Google fait briller un Nexus One sans grande innovation

Google sort officiellement, dans un vaste tintamarre médiatique, son Nexus One, lui conférant le statut de vendeur de téléphone portable. A l’exception de quelques ajustements mineurs de l'OS maison Android, le terminal ne se distingue guère des autres smartphones haut de gamme du marché. Même concept, même modèle économique.

nexusjpgAprès des semaines de buzz sur lnternet, Google fait enfin atterir son Nexus One sur le marché de la téléphonie mobile. Un terminal fabriqué par HTC et co-brandé Google, à mi-chemin entre l’iPhone dont chacun dit qu’il est le concurrent principal et le Palm Pre, très en vogue actuellement outre-Atlantique. Sans surprise, c’est Android dans sa version 2.1 qui a la charge de piloter le Nexus One.

Stratégie avancée par la firme de Mountain View : “pousser l’industrie à s’ouvrir en tentant de reproduire sur les téléphones portables l’environnement qui a permis au Web depuis les PC de progresser à des taux détonants", explique Vic Gundotra, vice-président de l’ingénierie chez Google, à nos confrères du New York Times. Sans oublier bien sûr d'associer systématiquement le tout à la publicité contextualisée, centrale dans le modèle économique du groupe et qui, grâce au Nexus One, s’offre un énième canal - celui-ci maison - de diffusion.

La VoIP maison en natif

Si Android était pour Google un premier pas vers un Web mobile plus ergonomique, plus accessible et répondant plus aux canons maison, le Nexus One vient renforcer cette idée.

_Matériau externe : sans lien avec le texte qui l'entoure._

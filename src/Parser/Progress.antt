-- ===== src/Parser/Progress.antt =====
-- Every call of parse_statement by the loop reads a token, or leaves one that the loop skips.
use synthgen_core.Prelude.{
  ℕ, ◌≤◌, Text, text, Bool, true, false, ◌≡◌, refl, sym, subst, List, if◌then◌else◌, arith, ◌⊎◌,
  inl, inr, Bool-cases,
}
use synthgen_core.Common.Result.{Error, syntax_error}
use synthgen_core.Common.Double.{Double}
use synthgen_core.Lexer.{Token, k_define, k_type, k_constraint, k_load, k_generate}
use synthgen_core.Parser.State.{
  Statement, define_type, load_data, define_constraint, generate_table, Parser, Parse, Answer,
  failed, ◌>>=◌, continue_with, pure, reject, check, checks,
}
use synthgen_core.Parser.Statements.{
  parse_load_data, parse_generate_table, parse_definition, parse_statement, reject_start,
}
use synthgen_core.Parser.Fine.{
  Within, Moves, Fine, bind, reject-Fine, if-Fine, checks-Fine, Known, map-Fine, map-Moves,
}
use synthgen_core.Parser.Steps.{match-Moves}
use synthgen_core.Parser.Next.{match-false}
use synthgen_core.Parser.Typed.{TypeDefined, parse_define_type-Fine}
use synthgen_core.Parser.Checked.{
  LoadRead, parse_define_constraint-Fine, parse_load_data-Moves, parse_generate_table-Moves,
}
use synthgen_core.Parser.Items.{TableRead, ConstraintRead}

-- The first token may not begin a statement, and it is not the end.
abbrev pub NoStart : List Token → Type 0
NoStart tokens =
    (check k_define tokens ≡ false)
    × (check k_load tokens ≡ false)
    × (check k_generate tokens ≡ false)

module _ {F : Type 0} ⦃d : Double F⦄ where
  -- The type that a statement defines or names.
  abbrev pub type_of_statement : Statement F → Text
  type_of_statement (define_type stmt) = stmt.type_name
  type_of_statement (load_data stmt) = stmt.type_name
  type_of_statement (define_constraint stmt) = stmt.type_name
  type_of_statement (generate_table stmt) = stmt.type_name

  abbrev pub StatementRead : Statement F → Type 0
  StatementRead (define_type stmt) = TypeDefined stmt
  StatementRead (load_data stmt) = LoadRead stmt
  StatementRead (define_constraint stmt) = ConstraintRead stmt
  StatementRead (generate_table stmt) = TableRead stmt

  -- A statement that was read, and its type is defined.
  abbrev pub StatementHolds : Statement F → Parser → Type 0
  StatementHolds = Known StatementRead type_of_statement

  parse_definition-Fine :
      {types : List Text} (f n : ℕ) → n ≤ f → Fine n types StatementHolds (parse_definition f)
  unfolding parse_definition
  parse_definition-Fine f n h = bind (checks-Fine k_type) λ type_next _.
      bind (checks-Fine k_constraint) λ constraint_next _.
        if-Fine type_next (λ _. map-Fine define_type (parse_define_type-Fine f n h) (λ _ _ e. e))
          λ _.
            if-Fine constraint_next
              (λ _. map-Fine define_constraint (parse_define_constraint-Fine f n h) (λ _ _ e. e))
              λ _. reject-Fine syntax_error (text "Expected TYPE or CONSTRAINT after DEFINE")

  -- A call that read a token, or failed on one that it left.
  abbrev pub Steps : ℕ → List Text → Parser → Answer (Statement F) × Parser → Type 0
  Steps n types p out =
      Moves n types StatementHolds out ⊎ ((e : Error) × (out ≡ (failed e, p)) × NoStart p.tokens)

  -- What is left of the call where the first token is not DEFINE.
  abbrev no_definition : Bool → Bool → Parse (Statement F)
  no_definition load_next generate_next =
      if load_next
      then (parse_load_data >>= λ stmt. pure (load_data stmt))
      else if generate_next
      then (parse_generate_table >>= λ stmt. pure (generate_table stmt))
      else reject_start

  abbrev other_statement : Parser → Answer (Statement F) × Parser
  other_statement p = no_definition (check k_load p.tokens) (check k_generate p.tokens) p

  parse_statement-other :
      (f : ℕ) (p : Parser)
      → check k_define p.tokens ≡ false
      → parse_statement f p ≡ other_statement p
  unfolding parse_statement ◌>>=◌ checks
  parse_statement-other f p e = rw (match-false k_define p e, continue_with) refl

  parse_statement-define :
      (f n : ℕ) (types : List Text) (p : Parser)
      → n ≤ f
      → Within n types p
      → check k_define p.tokens ≡ true
      → Moves n types StatementHolds (parse_statement f p)
  unfolding parse_statement
  parse_statement-define f n types p h w e = match-Moves k_define p w e λ define_next k here less.
      bind (checks-Fine k_load) λ load_next _. bind (checks-Fine k_generate) λ generate_next _.
        if-Fine {y = no_definition load_next generate_next} define_next
          (λ _. parse_definition-Fine f k (omega (arith, h, less))) (λ no_define. absurd cc)

  other_statement-Steps :
      (n : ℕ) (types : List Text) (p : Parser)
      → Within n types p
      → check k_define p.tokens ≡ false
      → Steps n types p (other_statement p)
  unfolding reject_start reject
  other_statement-Steps n types p w no_define = elim (Bool-cases (check k_load p.tokens)) [
    | inl load ↦ inl (
        rw load
          (map-Moves load_data parse_load_data p (λ _ _ r. r) (parse_load_data-Moves p w load)))
    | inr no_load ↦ elim (Bool-cases (check k_generate p.tokens)) [
      | inl generate ↦ inl (
          rw (no_load, generate)
            (map-Moves generate_table parse_generate_table p (λ _ _ r. r)
              (parse_generate_table-Moves p w generate)))
      | inr no_generate ↦ inr (rw (no_load, no_generate) (_, refl, (no_define, refl, refl)))
    ]
  ]

  pub parse_statement-Steps :
      (f n : ℕ) (types : List Text) (p : Parser)
      → n ≤ f
      → Within n types p
      → Steps n types p (parse_statement f p)
  parse_statement-Steps f n types p h w = elim (Bool-cases (check k_define p.tokens)) [
    | inl e ↦ inl (parse_statement-define f n types p h w e)
    | inr e ↦
        subst (Steps n types p) (sym (parse_statement-other f p e))
          (other_statement-Steps n types p w e)
  ]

Mais côté hardware cette fois : la firme de Mountain View muscle physiquement le terminal qui abritera l’OS déjà sous-stéroides, tout en respectant lui-même ses propres spécifications. Un peu à l’image de Chrome OS qui doit fournir un accès optimisé aux applications Saas - notamment celles de Mountain View- , comme nous l’écrivions fin novembre.

Ainsi, l’OS Android embarqué dans le Nexus One subit quelques ajustements mineurs par rapport à la version intégrée au dernier Droid de Motorola. On remarque notamment l’apparition d’une fonction de réduction de bruit, la personnalisation de l’écran d’accueil (via des widgets ou par l’ajout de raccourcis supplémentaires) ou un outil de gestion de photos et de vidéos. Plus utile, les ajouts d’un module de reconnaissance vocale qui permet notamment de “taper” à la voix ses mails sur Gmail et bien sûr de Google Voice qui amène la VoIP en natif sur l’appareil.
Le Nexus One est également équipé d'un puissant processeur SnapDragon de Qualcomm cadencé à 1 Ghz, une puce qui équipe aujourd’hui que très peu d’appareils (le HD2 de HTC). Mais ça s’arrête là.

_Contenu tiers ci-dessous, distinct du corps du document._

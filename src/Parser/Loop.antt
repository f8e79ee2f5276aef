-- ===== src/Parser/Loop.antt =====
-- The loop of `parse`.
use synthgen_core.Prelude.{
  ℕ, zero, suc, ◌≤◌, ◌<◌, Text, text_mem, true, false, ◌||◌, ◌≡◌, refl, sym, subst, some, List, [],
  ◌∷◌, length, arith, if_rule, All, inl, inr,
}
use synthgen_core.Common.Result.{Error, Result, ok, err}
use synthgen_core.Common.Double.{Double}
use synthgen_core.Lexer.{type_index, Token, k_define, k_load, k_generate, init}
use synthgen_core.Lexer.Tokenize
use synthgen_core.Lexer.Tokenize.{tokenize-Lexes, Lexes}
use synthgen_core.Parser.State.{
  Statement, Parser, Answer, returned, failed, thrown, stuck, same_token_type, is_at_end, check,
}
use synthgen_core.Parser.Statements.{parse_statement}
use synthgen_core.Parser.Run.{
  ParseResult, skip_to_statement, skip_statement, Outcome, add_statement, add_error,
  after_statement, parse_loop, start, parse_tokens, parse,
}
use synthgen_core.Parser.Fine.{Stream, Seen, last, more, Within, Moves}
use synthgen_core.Parser.Next.{is_eof}
use synthgen_core.Parser.Progress.{
  NoStart, Steps, StatementRead, StatementHolds, type_of_statement, parse_statement-Steps,
}

-- The tokens from one on that may begin a statement.
abbrev Skipped : List Token → Token × List Token → Type 0
Skipped tokens out = Stream out.1 × Seen out.0 × (length out.1 ≤ length tokens)

skip_to_statement-Skipped :
    (previous : Token) (tokens : List Token)
    → Seen previous
    → Stream tokens
    → Skipped tokens (skip_to_statement previous tokens)
unfolding skip_to_statement is_at_end
skip_to_statement-Skipped previous _ b (last t e) =
    rw (is_eof t.type_of e) (last t e, b, omega arith)
skip_to_statement-Skipped previous _ b (more t ts i s) =
    let (kept, before, fewer) = skip_to_statement-Skipped t ts (λ _. i) s in
    if_rule (Skipped (t ∷ ts)) _ (λ _. (more t ts i s, b, omega arith))
      (λ _. (kept, before, omega (arith, fewer)))

skip_to_statement-less :
    (previous : Token) (tokens : List Token)
    → Stream tokens
    → is_at_end tokens ≡ false
    → NoStart tokens
    → length (skip_to_statement previous tokens).1 < length tokens
unfolding skip_to_statement is_at_end check
skip_to_statement-less previous _ (last t e) going none_starts =
    absurd (ground (arith, is_eof t.type_of e))
skip_to_statement-less previous _ (more t ts i s) going none_starts =
    let (kept, before, fewer) = skip_to_statement-Skipped t ts (λ _. i) s in
    if_rule (λ (out : Token × List Token). length out.1 < length (t ∷ ts))
      (is_at_end (t ∷ ts)
        || (same_token_type t.type_of k_define
            || (same_token_type t.type_of k_load || same_token_type t.type_of k_generate)))
      (λ starts.
        absurd (ground (arith, starts, going, none_starts.0, none_starts.1, none_starts.2)))
      (λ _. omega (arith, fewer))

Within-skip :
    (n : ℕ) (types : List Text) (p : Parser) → Within n types p → Within n types (skip_statement p)
unfolding skip_statement
Within-skip n types p w =
    let (kept, before, fewer) = skip_to_statement-Skipped p.previous p.tokens w.before w.stream in
    record { stream = kept; few = omega (arith, fewer, w.few); before = before; known = w.known }

module _ {F : Type 0} ⦃d : Double F⦄ where
  -- The loop ends with a result or with an exception; the statements of the result were read, and
  -- the types that they name are defined at the end.
  abbrev pub Ended : Answer (ParseResult F) → Parser → Type 0
  Ended (returned r) p = All (λ s. StatementHolds s p) r.statements
  Ended (failed e) p = ⊥
  Ended thrown p = Unit
  Ended stuck p = ⊥

  pub record Ends (types : List Text) (out : Outcome F) : Type 0 where
    pub known : (x : Text) → text_mem x types ≡ true → text_mem x out.1.defined_types ≡ true
    pub ended : Ended out.0 out.1

  Ends-weaken :
      (types more_types : List Text) (out : Outcome F)
      → ((x : Text) → text_mem x types ≡ true → text_mem x more_types ≡ true)
      → Ends more_types out
      → Ends types out
  Ends-weaken types more_types out sub ends = record {
    known = λ x e. ends.known x (sub x e);
    ended = ends.ended;
  }

  add_statement-Ends :
      (types : List Text) (s : Statement F) (out : Outcome F)
      → StatementRead s
      → text_mem (type_of_statement s) types ≡ true
      → Ends types out
      → Ends types (add_statement s out)
  add_statement-Ends types s (returned r, p) read e ends = record {
    known = ends.known;
    ended = ((read, ends.known (type_of_statement s) e), ends.ended);
  }
  add_statement-Ends types s (failed f, p) read e ends = absurd ends.ended
  add_statement-Ends types s (thrown, p) read e ends = record { known = ends.known; ended = tt }
  add_statement-Ends types s (stuck, p) read e ends = absurd ends.ended

  add_error-Ends :
      (types : List Text) (e : Error) (out : Outcome F)
      → Ends types out
      → Ends types (add_error e out)
  add_error-Ends types e (returned r, p) ends = record { known = ends.known; ended = ends.ended }
  add_error-Ends types e (failed f, p) ends = absurd ends.ended
  add_error-Ends types e (thrown, p) ends = record { known = ends.known; ended = tt }
  add_error-Ends types e (stuck, p) ends = absurd ends.ended

  -- A call that read a token, with the loop after it.
  moved-Ends :
      (n : ℕ) (types : List Text) (next : Parser → Outcome F) (out : Answer (Statement F) × Parser)
      → ((k : ℕ) (seen : List Text) (q : Parser) → k < n → Within k seen q → Ends seen (next q))
      → Moves n types StatementHolds out
      → Ends types (after_statement next out)
  moved-Ends n types next (returned s, q) rest moves =
      let w = moves.sat.within in
      let here : Ends q.defined_types (next q) =
        rest moves.fewer q.defined_types q moves.less
          (record { stream = w.stream; few = w.few; before = w.before; known = λ x e. e }) in
      let holds : StatementHolds s q = moves.sat.answered in
      Ends-weaken types q.defined_types (add_statement s (next q)) w.known
        (add_statement-Ends q.defined_types s (next q) holds.0 holds.1 here)
  moved-Ends n types next (failed e, q) rest moves =
      add_error-Ends types e (next (skip_statement q)) (
        rest moves.fewer types (skip_statement q) moves.less
          (Within-skip moves.fewer types q moves.sat.within))
  moved-Ends n types next (thrown, q) rest moves = record {
    known = moves.sat.within.known;
    ended = tt;
  }
  moved-Ends n types next (stuck, q) rest moves = absurd moves.sat.answered

  -- A call that failed on the token that it left, with the loop after it.
  left_behind-Ends :
      (n : ℕ) (types : List Text) (next : Parser → Outcome F) (out : Answer (Statement F) × Parser)
      (p : Parser) (e : Error)
      → Within n types p
      → is_at_end p.tokens ≡ false
      → out ≡ (failed e, p)
      → NoStart p.tokens
      → ((k : ℕ) (seen : List Text) (q : Parser) → k < n → Within k seen q → Ends seen (next q))
      → Ends types (after_statement next out)
  unfolding skip_statement
  left_behind-Ends n types next out p e w going same none_starts rest =
      let (kept, before, fewer) = skip_to_statement-Skipped p.previous p.tokens w.before w.stream in
      let less = skip_to_statement-less p.previous p.tokens w.stream going none_starts in
      subst (λ o. Ends types (after_statement next o)) (sym same)
        (add_error-Ends types e (next (skip_statement p)) (
          rest (length (skip_to_statement p.previous p.tokens).1) types (skip_statement p)
            (omega (arith, less, w.few))
            (record { stream = kept; few = omega arith; before = before; known = w.known })))

  after_statement-Ends :
      (n : ℕ) (types : List Text) (next : Parser → Outcome F) (out : Answer (Statement F) × Parser)
      (p : Parser)
      → Within n types p
      → is_at_end p.tokens ≡ false
      → ((k : ℕ) (seen : List Text) (q : Parser) → k < n → Within k seen q → Ends seen (next q))
      → Steps n types p out
      → Ends types (after_statement next out)
  after_statement-Ends n types next out p w going rest (inl moves) =
      moved-Ends n types next out rest moves
  after_statement-Ends n types next out p w going rest (inr (e, same, none_starts)) =
      left_behind-Ends n types next out p e w going same none_starts rest

  parse_loop-Ends :
      (g f n : ℕ) (types : List Text) (p : Parser)
      → n ≤ g
      → n < f
      → Within n types p
      → Ends types (parse_loop g f p)
  unfolding parse_loop
  parse_loop-Ends g zero n types p i h w = absurd (omega arith)
  parse_loop-Ends g (suc f) n types p i h w =
      if_rule (Ends types) (is_at_end p.tokens) (λ _. record { known = w.known; ended = tt })
        (λ going.
          after_statement-Ends n types (parse_loop g f) (parse_statement g p) p w going
            (λ k seen q less v.
              parse_loop-Ends g f k seen q (omega (arith, less, i)) (omega (arith, less, h)) v)
            (parse_statement-Steps g n types p i w))

  -- With a round for each token and one more, the loop ends.
  parse_tokens-Ends : (tokens : List Token) → Stream tokens → Ends [] (parse_tokens (ok tokens))
  unfolding parse_tokens text_mem type_index
  parse_tokens-Ends tokens s =
      parse_loop-Ends (suc (length tokens)) (suc (length tokens)) (length tokens) [] (start tokens)
        (omega arith) (omega arith)
        (record {
          stream = s;
          few = omega arith;
          before = λ e. absurd cc;
          known = λ x e. absurd (ground (arith, e));
        })

Lexes-Stream :
    (source : Text) (line column : ℕ) (tokens : List Token)
    → Lexes source line column tokens
    → Stream tokens
Lexes-Stream _ line column _ (Tokenize.last gap _ _ token h e l c) = last token e
Lexes-Stream _ line column _ (Tokenize.next gap left _ _ token tokens h t l c rest) =
    more token tokens t (Lexes-Stream left token.line _ tokens rest)

module _ {F : Type 0} ⦃d : Double F⦄ where
  Lexed-Ends :
      (source : Text) (r : Result (List Token))
      → Tokenize.Outcome source init r
      → Ends {F = F} [] (parse_tokens r)
  unfolding parse_tokens text_mem
  Lexed-Ends source (err e) h = record { known = λ x e. absurd (ground (arith, e)); ended = tt }
  Lexed-Ends source (ok tokens) h =
      parse_tokens-Ends tokens (Lexes-Stream source init.line init.column tokens h)

  pub parse-Ends : (source : Text) → (out : Outcome F) × (parse source ≡ some out) × Ends [] out
  unfolding parse
  parse-Ends source =
      let (r, lexed, outcome) = tokenize-Lexes source in
      (parse_tokens r, rw (parse, lexed) refl, Lexed-Ends source r outcome)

Beaucoup de buzz pour pas grand chose

Comme l’indique un analyste Forrester sur son blog, ce lancement, brillamment orchestré par Google, n’est ni plus ni moins qu’une affaire de communication. Car, finalement, Google propose avec le Nexus One un terminal en ligne avec ce qui se vend aujourd’hui sur le marché, avec une stratégie identique sur le plan commercial : vente directe ou via un opérateur. Ni plus, ni moins.

Google pourra toutefois compter sur les revenus supplémentaires générés par la vente de son appareil qu’il compte effectuer lui-même pour un prix fixé à 529 dollars (179 $ avec un abonnement de 2 ans via l’opérateur T-Mobile aux US). La commercialisation débute par les Etats-Unis, mais le terminal pourra être acheté depuis la Grande-Bretagne, Singapour et Hong-Kong. Pour l'instant, rien n'est donc précisé concernant la France, même si la rumeur prétend que SFR serait sur les rangs (l'opérateur pourrait proposer le Nexus One pour 200 euros). Plus tard, la boutique en ligne Google ouverte pour l’occasion devrait également proposer davantage de produits de la marque, confirme le groupe, sans toutefois préciser la nature même de ces produits.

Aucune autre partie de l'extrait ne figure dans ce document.